YOUR INSTRUCTIONS:
From the data below, retype exactly the lines starting with the one that contains "abbrev finishing : Gaps" and ending with the one that contains "note_duplicate order_desc insert_desc", both included.

[DATASET CONTENT]

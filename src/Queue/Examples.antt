-- ===== src/Queue/Examples.antt =====
-- Tests of the queue (janus_graph/pipeline/queue.py): its theorems at one small database.
use janus_graph.Base.{
  All-map, All-Mem, arith, order_asc, insert_asc, codes, text_eq, List, [], ◌∷◌, map, true, false,
  none, some, ◌≡◌, refl, All, Pairs, any, count, filter, insert_desc, order_desc,
}
use janus_graph.Hash.{canonical_payload_hash, preimage}
use janus_graph.Queue.Schema.{observe, enforce, Db}
use janus_graph.Queue.Dedup.{
  distinct, in_scope, clash, holds_hash, find_active_duplicate, requeued_row,
}
use janus_graph.Queue.Dedup.Requeue.{Rewrites}
use janus_graph.Queue.Policy.{default_policy, permits}
use janus_graph.Queue.Policy.Codes.{meaning, permits-meaning}
use janus_graph.Queue.Enqueue.{
  hash_of, returned, new_row, insert_fails, insert_sync, note_duplicate, enqueue_insert,
  enqueue_hashed, enqueue, append_row, episode_id_of,
}
use janus_graph.Queue.Enqueue.Outcomes.{enqueue_observe-lost}
use janus_graph.Queue.Enqueue.Racing.{holds_enforced, enqueue_enforce-count}
use janus_graph.Queue.Valid.{IsValid}
use janus_graph.Queue.Valid.Inserts.{enqueue-IsValid}
use janus_graph.Queue.Claim.{
  claim_state, limit_val, next_queued, id_among, claimed_record, claim_next_batch,
}
use janus_graph.Queue.Claim.Fifo.{IsOldest, next_queued-IsOldest}
use janus_graph.Queue.Claim.Exclusive.{
  AreUntouched, claim-next_queued, claim_disjoint, claimed_twice,
}
use janus_graph.Queue.Reap.{Gaps, is_reapable, reset_streak, reap_failed_or_aborted}
use janus_graph.Queue.Reap.Selection.{reaped-IsReapable}
use janus_graph.Queue.Opening.{ensure_unique_index, init_db}
use janus_graph.Queue.Opening.Backfill.{filled}
use janus_graph.Queue.Opening.Established.{init_db-filled}
use janus_graph.Queue.Adapter.{
  daemon_only, enqueued, daemon_row, insert_with_hash, guard, enqueue_guarded,
}
use janus_graph.Queue.Adapter.Guarded.{IsAlone, enqueue_guarded-IsAlone}
use janus_graph.Queue.History.{
  done, Op, insert_enforce, insert_daemon, claim, failed, reap, create_index, run,
}
use janus_graph.Queue.History.Safety.{run-IsValid}
use janus_graph.Queue.Samples.{
  digest, waiting, broken, finished, db, queue, env, request, db-IsValid,
}

-- A database of an older version: a row without a canonical hash and a gate, and no index.
abbrev unhashed : Db
unhashed = record db {
  episodes = record waiting { canonical_hash = none; dedup_gate = none } ∷ broken ∷ finished ∷ [];
  unique_index = false;
}

unhashed-IsValid : IsValid unhashed
unhashed-IsValid = record {
  keys = db-IsValid.keys;
  dead_keys = db-IsValid.dead_keys;
  index = λ on. cc;
}

abbrev ops : List Op
ops =
    insert_enforce (codes "1") env request none
    ∷ insert_daemon (codes "d:2") (codes "2") (record env { uuid = codes "v" }) request enforce
    ∷ claim 12 (waiting ∷ [])
    ∷ failed 13 (codes "a") (codes "timeout")
    ∷ reap 14 (codes "a")
    ∷ create_index
    ∷ []

run-IsValid_example : IsValid (run digest ops db)
run-IsValid_example = run-IsValid digest ops db db-IsValid

-- Before each row another process marks it as done.
abbrev finishing : Gaps
finishing = record { before = λ id d. run digest (done 13 id ∷ []) d; released = λ id d. d }

enqueue-IsValid_example : IsValid (enqueue digest env request (λ d. d) enforce queue).0.db
enqueue-IsValid_example =
    enqueue-IsValid digest env request (λ d. d) enforce queue (λ d v. v) db-IsValid

stored_id : (enqueue digest env request (λ d. d) enforce queue).1 ≡ returned (codes "u")
unfolding enqueue enqueue_hashed enqueue_insert insert_sync insert_fails new_row clash in_scope
    holds_hash find_active_duplicate filter any text_eq canonical_payload_hash preimage
    note_duplicate order_desc insert_desc
stored_id = refl

enqueue_enforce-count_example :
    count
      (holds_enforced (hash_of digest env request))
      (enqueue digest env request (λ d. d) enforce queue).0.db.episodes
    ≡ 1
enqueue_enforce-count_example =
    enqueue_enforce-count digest env request (λ d. d) queue (codes "u") refl stored_id

-- Another process stores an episode under the same id.
abbrev intruder : Db → Db
intruder d = append_row (record finished { id = codes "u" }) d

enqueue_observe-lost_example :
    let end = enqueue digest env request intruder observe queue in
    (end.1 ≡ returned (episode_id_of env request)) × (end.0.db.episodes ≡ (intruder db).episodes)
unfolding any text_eq
enqueue_observe-lost_example = enqueue_observe-lost digest env request intruder queue refl

next_queued-IsOldest_example : IsOldest 1 (next_queued 1 db) db
next_queued-IsOldest_example = next_queued-IsOldest 1 db

claim-next_queued_example :
    claim_next_batch (λ d. d) 12 none db
    ≡ some (
      claim_state 12 (next_queued (limit_val none) db) db,
      map (claimed_record 12) (next_queued (limit_val none) db),
    )
claim-next_queued_example = claim-next_queued 12 none db db-IsValid

-- Another episode was enqueued after the claim.
abbrev enqueued_later : Db
enqueued_later =
    let claimed = claim_state 12 (next_queued 1 db) db in
    record claimed { episodes = record waiting { id = codes "z" } ∷ claimed.episodes }

later-AreUntouched :
    AreUntouched (next_queued 1 db) (claim_state 12 (next_queued 1 db) db) enqueued_later
unfolding id_among next_queued any text_eq filter order_asc insert_asc
later-AreUntouched = (
  λ h. absurd (ground (arith, h)),
  All-map (claim_state 12 (next_queued 1 db) db).episodes (λ r m h. m)
      (All-Mem (claim_state 12 (next_queued 1 db) db).episodes),
)

claim_disjoint_example :
    All (λ r. id_among (next_queued 1 db) r ≡ false) (next_queued 2 enqueued_later)
claim_disjoint_example = claim_disjoint 1 2 12 db enqueued_later db-IsValid later-AreUntouched

claimed_twice_example :
    (after : Db) × (claim_next_batch (λ d. d) 12 none db
      ≡ some (after, map (claimed_record 12) (next_queued (limit_val none) db)))
    × (last : Db) × (claim_next_batch (λ _. after) 13 none db
        ≡ some (last, map (claimed_record 13) (next_queued (limit_val none) db)))
claimed_twice_example = claimed_twice 12 13 none db db-IsValid

reaped-IsReapable_example :
    Pairs
      (Rewrites (λ r. is_reapable default_policy db r ≡ true) (requeued_row 12 reset_streak))
      db.episodes
      (reap_failed_or_aborted (λ _ d. d) 12 none none db).0.episodes
reaped-IsReapable_example = reaped-IsReapable 12 none none db db-IsValid

permits-meaning_example :
    (permits default_policy (some (codes "Error code: 404"))
      ≡ meaning [] default_policy.permanent_error_codes (codes "Error code: 404"))
    × (permits default_policy none ≡ true)
permits-meaning_example = permits-meaning default_policy (codes "Error code: 404")

init_db-filled_example :
    (init_db digest unhashed
      ≡ some (
          ensure_unique_index
            (record unhashed { episodes = map (filled digest) unhashed.episodes })))
    × IsValid
        (ensure_unique_index (record unhashed { episodes = map (filled digest) unhashed.episodes }))
    × ((ensure_unique_index
          (record unhashed { episodes = map (filled digest) unhashed.episodes })).unique_index
        ≡ distinct (map (filled digest) unhashed.episodes))
init_db-filled_example = init_db-filled digest unhashed unhashed-IsValid (refl, (refl, (refl, tt)))

guarded_id :
    (enqueue_guarded digest env request (codes "d:2") (codes "2") (λ d. d) daemon_only enforce db).1
    ≡ enqueued (codes "u") (codes "d:2")
unfolding enqueue_guarded guard insert_with_hash daemon_row insert_fails new_row clash in_scope
    holds_hash find_active_duplicate filter any text_eq canonical_payload_hash preimage order_desc
    insert_desc
guarded_id = refl

enqueue_guarded-IsAlone_example :
    IsAlone digest env request
      (enqueue_guarded digest env request
        (codes "d:2")
        (codes "2")
        (λ d. d)
        daemon_only
        enforce
        db).0
enqueue_guarded-IsAlone_example =
    enqueue_guarded-IsAlone digest env request (codes "d:2") (codes "2") (λ d. d) daemon_only db
      (codes "u") (codes "d:2") refl guarded_id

[/DATASET CONTENT]

OUTPUT FOR THIS TASK:
abbrev finishing : Gaps
finishing = record { before = λ id d. run digest (done 13 id ∷ []) d; released = λ id d. d }

enqueue-IsValid_example : IsValid (enqueue digest env request (λ d. d) enforce queue).0.db
enqueue-IsValid_example =
    enqueue-IsValid digest env request (λ d. d) enforce queue (λ d v. v) db-IsValid

stored_id : (enqueue digest env request (λ d. d) enforce queue).1 ≡ returned (codes "u")
unfolding enqueue enqueue_hashed enqueue_insert insert_sync insert_fails new_row clash in_scope
    holds_hash find_active_duplicate filter any text_eq canonical_payload_hash preimage
    note_duplicate order_desc insert_desc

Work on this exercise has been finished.